Reminders of this fashion icon–arguably the first fashion icon–are everywhere in Paris. Under the obvious category are her boutiques, the ‘CC’ logo on billboards, and the fashion pilgrims who line up outside Angelina Cafe, her habitual haunt later in life, to pay homage. They wait to take a seat, breathe in the elegant air, sip a latte, and, if they’re lucky, sit at what was her regular table (good luck with that).
Subtler is the easy, elegant attitude that seems to have been absorbed into the DNA of French women; one could easily credit Coco Chanel for the most definitive, modern expression of this, if not its creation. Happy Birthday, Gabrielle. Bien joue.
Coco Chanel is the founder and namesake of the iconic Chanel fashion brand. She’s also acknowledged to be the first ‘influencer’ in women’s fashion, as well as the first person to take a ‘selfie’.

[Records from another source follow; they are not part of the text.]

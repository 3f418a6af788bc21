-- ===== src/Examples/Stores.antt =====
-- A configuration store behind the shell: `uci` over two maps, the values that are read and those
-- that are stored.
use cpe_acs_connector_tr.Base.{
  ℕ, Bool, true, false, List, [], ◌∷◌, ◌++◌, Option, none, some, ◌≡◌, refl, ap, if◌then◌else◌,
  Bytes, codes, equal, length, drop,
}
use cpe_acs_connector_tr.Shell.{Shell}
use cpe_acs_connector_tr.Uci.{is_key_byte, valid_key, uci_binary, get_command, set}
use cpe_acs_connector_tr.Uci.Quote.{key_bytes-other}
use cpe_acs_connector_tr.Uci.Words.{words}
use cpe_acs_connector_tr.Uci.Store.{UciStore, written, is_name-valid_key, in_package}
use cpe_acs_connector_tr.ConnectionRequest.{split_at}
use cpe_acs_connector_tr.ConnectionRequest.Authentic.{split_at-append}

abbrev pub Stores : Type 0
Stores = (Bytes → Option Bytes) × (Bytes → Option Bytes)

abbrev assigned : Option (Bytes × Bytes) → Stores → Stores
assigned none s = s
assigned (some (key, value)) s = (λ k. if equal k key then some value else s.0 k, s.1)

abbrev committed : Bytes → Stores → Stores
committed package_name s = (s.0, λ k. if in_package package_name k then s.0 k else s.1 k)

-- `uci -q set key=value` and `uci -q commit package`.
abbrev uci : Option (List Bytes) → Stores → Stores
uci (some (binary ∷ quiet ∷ command ∷ argument ∷ [])) s =
    if equal command (codes "set")
    then assigned (split_at b'=' argument) s
    else if equal command (codes "commit")
    then committed argument s
    else s
uci words s = s

abbrev looked_up : Option (Bytes × Bytes) → Stores → Option (Bytes × Bool)
looked_up none s = none
looked_up (some (key, behind)) s = written (s.0 key)

abbrev pub uci_shell : Shell Stores
uci_shell = record {
  popen = λ s command. looked_up (split_at b' ' (drop (length (codes "uci -q get ")) command)) s;
  system = λ s command. (true, uci (words command) s);
  has_sbin_uci = false;
}

split_at-valid_key :
    (c : ℕ) (key rest : Bytes)
    → is_key_byte c ≡ false
    → valid_key key ≡ true
    → split_at c (key ++ c ∷ rest) ≡ some (key, rest)
unfolding valid_key
split_at-valid_key c [] rest other h = cc
split_at-valid_key c (d ∷ key) rest other h =
    split_at-append c (d ∷ key) rest (key_bytes-other c (d ∷ key) other h)

pub uci_gets :
    (s : Stores) (key : Bytes)
    → valid_key key ≡ true
    → uci_shell.popen s (get_command uci_shell key) ≡ written (s.0 key)
unfolding get_command uci_binary codes
uci_gets s key h =
    ap (λ o. looked_up o s) (split_at-valid_key b' ' key (codes "2>/dev/null") refl h)

pub uci_sets :
    (s : Stores) (command key value : Bytes)
    → valid_key key ≡ true
    → words command
      ≡ some (uci_binary uci_shell ∷ codes "-q" ∷ codes "set" ∷ (key ++ b'=' ∷ value) ∷ [])
    → uci (words command) s ≡ assigned (some (key, value)) s
unfolding codes equal
uci_sets s command key value h e =
    rw e (ap (λ o. assigned o s) (split_at-valid_key b'=' key value refl h))

pub uci_commits :
    (s : Stores) (command package_name : Bytes)
    → words command ≡ some (uci_binary uci_shell ∷ codes "-q" ∷ codes "commit" ∷ package_name ∷ [])
    → uci (words command) s ≡ committed package_name s
unfolding codes equal
uci_commits s command package_name e = rw e refl

abbrev pub uci_store : UciStore Stores uci_shell
uci_store = record {
  current = λ s. s.0;
  saved = λ s. s.1;
  gets = uci_gets;
  sets = λ s command key value h full e done k name. (
    ap (λ r. r.0 k) (uci_sets s command key value (is_name-valid_key key h) e),
    ap (λ r. r.1 k) (uci_sets s command key value (is_name-valid_key key h) e),
  );
  commits = λ s command package_name e done k. (
    ap (λ r. r.0 k) (uci_commits s command package_name e),
    ap (λ r. r.1 k) (uci_commits s command package_name e),
  );
}

abbrev pub nothing_stored : Stores
nothing_stored = (λ k. none, λ k. none)

-- A value with a quote, a blank and a line end.
abbrev text : Bytes
text = codes "it's $(reboot)\n"

abbrev written_text : Stores
unfolding set
written_text = (set uci_shell false nothing_stored (codes "a.b.c") text).1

Glamorous as her later life appeared to the public, it didn’t start out that way. After her mother’s death, young Gabrielle was sent to an orphanage. Life for children there was harsh and accommodations spartan. It was, however, where she would learn to sew, a skill that would change her life, as well as the world of fashion.
Success came early after she constructed a dress from an oversized jersey sweater. When asked about where she got the dress by several people, being a savvy business woman, she capitalized on the opportunity and offered to make dresses for them. The cut was stylish, the color choice was bold for that time, associated only with periods of mourning. But Mademoiselle Chanel had a vision, and the ‘little black dress’ was born.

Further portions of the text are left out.